Arabidopsis to Rice. Applying Knowledge From a Weed to Enhance Our Understanding of a Crop Species


Arabidopsis to Rice. Applying Knowledge From a Weed to Enhance Our Understanding of a Crop Species

W A Rensink et al. Plant Physiol.


Although Arabidopsis is well established as the premiere model species in plant biology, rice (Oryza sativa) is moving up fast as the second-best model organism. In addition to the availability of large sets of genetic, molecular, and genomic resources, two features make rice attractive as a model species: it represents the taxonomically distinct monocots and is a crop species. Plant structural genomics was pioneered on a genome-scale in Arabidopsis and the lessons learned from these efforts were not lost on rice. Indeed, the sequence and annotation of the rice genome has been greatly accelerated by method improvements made in Arabidopsis.
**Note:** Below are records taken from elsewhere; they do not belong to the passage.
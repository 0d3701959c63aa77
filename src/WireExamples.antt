-- ===== src/WireExamples.antt =====
-- The theorems on the text of S3 requests at concrete inputs.
use mathlib.Core.List.Perm
use grove_storage.Prelude.{
  All, ◌≡◌, ◌≤◌, ◌↔◌, refl, true, false, some, none, [], ◌∷◌, ◌++◌, Text, bytes, arith, any,
  text_eq, all, map, is_empty,
}
use grove_storage.Wire.Split.{split, split_once, join}
use grove_storage.Wire.Decimal.{is_digit, decimal, parse_i32}
use grove_storage.Wire.Query.{canonicalize_query, query_flag, query_value, signature}
use grove_storage.Wire.Canonical.{canonicalize_query-perm, canonicalize_query-signature}
use grove_storage.Wire.Operation.{
  upload_part, to, classify, repeated, unsupported, uploads, upload_id, part_number,
}
use grove_storage.Wire.Routing.{Fits, classify-Fits}
use grove_storage.Wire.Credential.{
  CredentialScope, credential_scope, scope_ok, signed_headers, unsorted, presigned_expiry,
}
use grove_storage.Wire.Scope.{scope_pieces, credential_scope-join, presigned_expiry-decimal}
use grove_storage.Wire.Names.{Has, Ascends, IsName, signed_headers-IsName}
use grove_storage.Wire.Query.{text_le}
use grove_storage.Wire.Digest.{if_match_matches, quoted, if_match_matches-join}

abbrev a_piece : Text
a_piece = bytes "a=1"

abbrev b_piece : Text
b_piece = bytes "b"

canonicalize_query-perm_example :
    canonicalize_query (join b'&' (b_piece ∷ a_piece ∷ []))
    ≡ canonicalize_query (join b'&' (a_piece ∷ b_piece ∷ []))
canonicalize_query-perm_example =
    canonicalize_query-perm b_piece (a_piece ∷ []) a_piece (b_piece ∷ []) (omega arith)
      (omega arith) (Perm.swap a_piece b_piece [])

canonical_text : canonicalize_query (bytes "b&&a=1&X-Amz-Signature=00") ≡ bytes "a=1&b="
unfolding canonicalize_query
canonical_text = refl

canonicalize_query-signature_example :
    canonicalize_query (join b'&' (b_piece ∷ [] ++ (signature ++ b'=' ∷ bytes "00") ∷ a_piece ∷ []))
    ≡ canonicalize_query (join b'&' (b_piece ∷ [] ++ a_piece ∷ []))
canonicalize_query-signature_example =
    canonicalize_query-signature (bytes "00") b_piece [] (a_piece ∷ []) (omega arith) (omega arith)
      (omega arith)

abbrev part_query : Text
part_query = bytes "uploadId=u1&partNumber=7"

part_routed : classify (bytes "PUT") part_query false ≡ to (upload_part (bytes "u1") 7)
unfolding classify query_flag split text_eq split_once repeated query_value parse_i32
part_routed = refl

classify-Fits_example :
    Fits (bytes "PUT") part_query (upload_part (bytes "u1") 7)
    × (false ≡ false)
    × (any (query_flag part_query) unsupported ≡ false)
    × (repeated part_query uploads ≡ false)
    × (repeated part_query upload_id ≡ false)
    × (repeated part_query part_number ≡ false)
classify-Fits_example =
    classify-Fits (bytes "PUT") part_query false (upload_part (bytes "u1") 7) part_routed

abbrev a_scope : CredentialScope
a_scope = record { access_key = bytes "AK"; date = bytes "20260101"; region = bytes "eu" }

credential_scope-join_example :
    (credential_scope (bytes "AK/20260101/eu/s3/aws4_request") ≡ some a_scope) ↔ (
      (bytes "AK/20260101/eu/s3/aws4_request" ≡ join b'/' (scope_pieces a_scope))
      × (scope_ok a_scope ≡ true))
credential_scope-join_example =
    credential_scope-join (bytes "AK/20260101/eu/s3/aws4_request") a_scope (omega arith)

scope_read : credential_scope (bytes "AK/20260101/eu/s3/aws4_request") ≡ some a_scope
unfolding credential_scope split text_eq
scope_read = refl

signed_headers-IsName_example :
    (signed_headers (bytes "host;x-amz-date") ≡ some (bytes "host" ∷ bytes "x-amz-date" ∷ [])) ↔ (
      (bytes "host;x-amz-date" ≡ join b';' (bytes "host" ∷ bytes "x-amz-date" ∷ []))
      × Has (bytes "host") (bytes "host" ∷ bytes "x-amz-date" ∷ [])
      × Ascends (bytes "host" ∷ bytes "x-amz-date" ∷ [])
      × All IsName (bytes "host" ∷ bytes "x-amz-date" ∷ []))
signed_headers-IsName_example =
    signed_headers-IsName (bytes "host;x-amz-date") (bytes "host") (bytes "x-amz-date" ∷ [])

names_read :
    signed_headers (bytes "host;x-amz-date") ≡ some (bytes "host" ∷ bytes "x-amz-date" ∷ [])
unfolding signed_headers split text_eq unsorted text_le
names_read = refl

presigned_expiry-decimal_example : (presigned_expiry (bytes "900") ≡ some 900) ↔ (
    (is_empty (bytes "900") ≡ false)
    × (all is_digit (bytes "900") ≡ true)
    × (decimal 0 (bytes "900") ≡ 900)
    × (1 ≤ 900)
    × (900 ≤ 604800))
presigned_expiry-decimal_example = presigned_expiry-decimal (bytes "900") 900

if_match_matches-join_example :
    (if_match_matches (join b',' (map quoted (bytes "x" ∷ bytes "y" ∷ []))) (some (bytes "y"))
      ≡ any (λ x. text_eq x (bytes "y")) (bytes "x" ∷ bytes "y" ∷ []))
    × (if_match_matches (join b',' (map quoted (bytes "x" ∷ bytes "y" ∷ []))) none ≡ false)
if_match_matches-join_example =
    if_match_matches-join (bytes "x") (bytes "y" ∷ []) (bytes "y") (omega arith)
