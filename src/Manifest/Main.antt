-- ===== src/Manifest/Main.antt =====
-- `gb_manifest_parse_interface` and `gb_manifest_parse`.
use motorola_external_greybu.Prelude.{
  ℕ, ◌+◌, ◌-◌, Bool, true, false, Option, none, some, List, [], ◌∷◌, ltb, ◌==◌, not, if◌then◌else◌,
}
use motorola_external_greybu.Manifest.Defs.{
  Desc, Intf, done, refused, stuck, release, release_ids, version_major, type_interface, le16, scan,
}
use motorola_external_greybu.Manifest.Steps.{
  StringResult, no_string, string, string_error, string_get, parse_bundles,
}

-- The string that a result stands for; it is used only where the result is no error.
unfoldable pub to_string : StringResult → Option (List ℕ)
to_string no_string = none
to_string (string l) = some l
to_string (string_error e) = none

unfoldable pub is_err : StringResult → Bool
is_err no_string = false
is_err (string l) = false
is_err (string_error e) = true

-- The number of interface descriptors, and the first of them.
unfoldable pub count_interfaces : List Desc → ℕ
count_interfaces [] = 0
count_interfaces (d ∷ ds) =
    let rest = count_interfaces ds in if d.type == type_interface then rest + 1 else rest

unfoldable pub first_interface : List Desc → Option Desc
first_interface [] = none
first_interface (d ∷ ds) = if d.type == type_interface then some d else first_interface ds

-- The `out` label: all descriptors are released.
unfoldable pub finish : Intf → Bool → Option (Intf × Bool)
finish s result = some (record s { manifest_descs = [] }, result)

module _ (mem : ℕ → ℕ) (alloc : ℕ → Bool) (ida_get : List ℕ → ℕ → ℕ → Option ℕ) where
  -- `gb_manifest_parse_interface`; `none` only if a loop runs out of fuel.
  unfoldable pub parse_interface : Intf → Desc → Option (Intf × Bool)
  parse_interface s d =
      let (s1, vendor) = string_get mem alloc s (mem d.start) in
      if is_err vendor
      then some (s1, false)
      else let s2 = record s1 { vendor_string = to_string vendor } in
        let (s3, product) = string_get mem alloc s2 (mem (d.start + 1)) in
        if is_err product
        then some (record s3 { vendor_string = none }, false)
        else let s4 = record s3 {
          product_string = to_string product;
          manifest_descs = release d.start s3.manifest_descs;
        } in
          elim (parse_bundles mem alloc ida_get s4) [
            | none ↦ none
            | some (s5, n) ↦
                if n == 0
                then some (record s5 { product_string = none; vendor_string = none }, false)
                else some (s5, true)
          ]

  -- `gb_manifest_parse` once the descriptors are found
  unfoldable pub parse_descs : Intf → Option (Intf × Bool)
  parse_descs s =
      if not (count_interfaces s.manifest_descs == 1)
      then finish s false
      else elim (first_interface s.manifest_descs) [
        | none ↦ finish s false
        | some d ↦ elim (parse_interface s d) [
          | none ↦ none
          | some (s', result) ↦
              finish (record s' { manifest_descs = release_ids s'.manifest_descs }) result
        ]
      ]

  -- `gb_manifest_parse` of the `size` bytes at address 0
  unfoldable pub parse : Intf → ℕ → Option (Intf × Bool)
  parse s size = elim s.manifest_descs [
    | d ∷ ds ↦ some (s, false)
    | [] ↦
        if ltb size 4
        then some (s, false)
        else if not (le16 mem 0 == size)
        then some (s, false)
        else if ltb version_major (mem 2)
        then some (s, false)
        else elim (scan mem alloc (size - 4) s 4 (size - 4)) [
          | stuck ↦ none
          | refused s' ↦ finish s' false
          | done s' ↦ parse_descs s'
        ]
  ]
For example, the value of full-length cDNA clones and deep expressed sequence tag resources, obtained in Arabidopsis primarily after release of the complete genome, has been recognized by the rice genomics community. For rice >250,000 expressed sequence tags and 28,000 full-length cDNA sequences are available prior to the completion of the genome sequence. With respect to tools for Arabidopsis functional genomics, deep sequence-tagged lines, inexpensive spotted oligonucleotide arrays, and a near-complete whole genome Affymetrix array are publicly available. The development of similar functional genomics resources for rice is in progress that for the most part has been more streamlined based on lessons learned from Arabidopsis. Genomic resource development has been essential to set the stage for hypothesis-driven research, and Arabidopsis continues to provide paradigms for testing in rice to assess function across taxonomic divisions and in a crop species.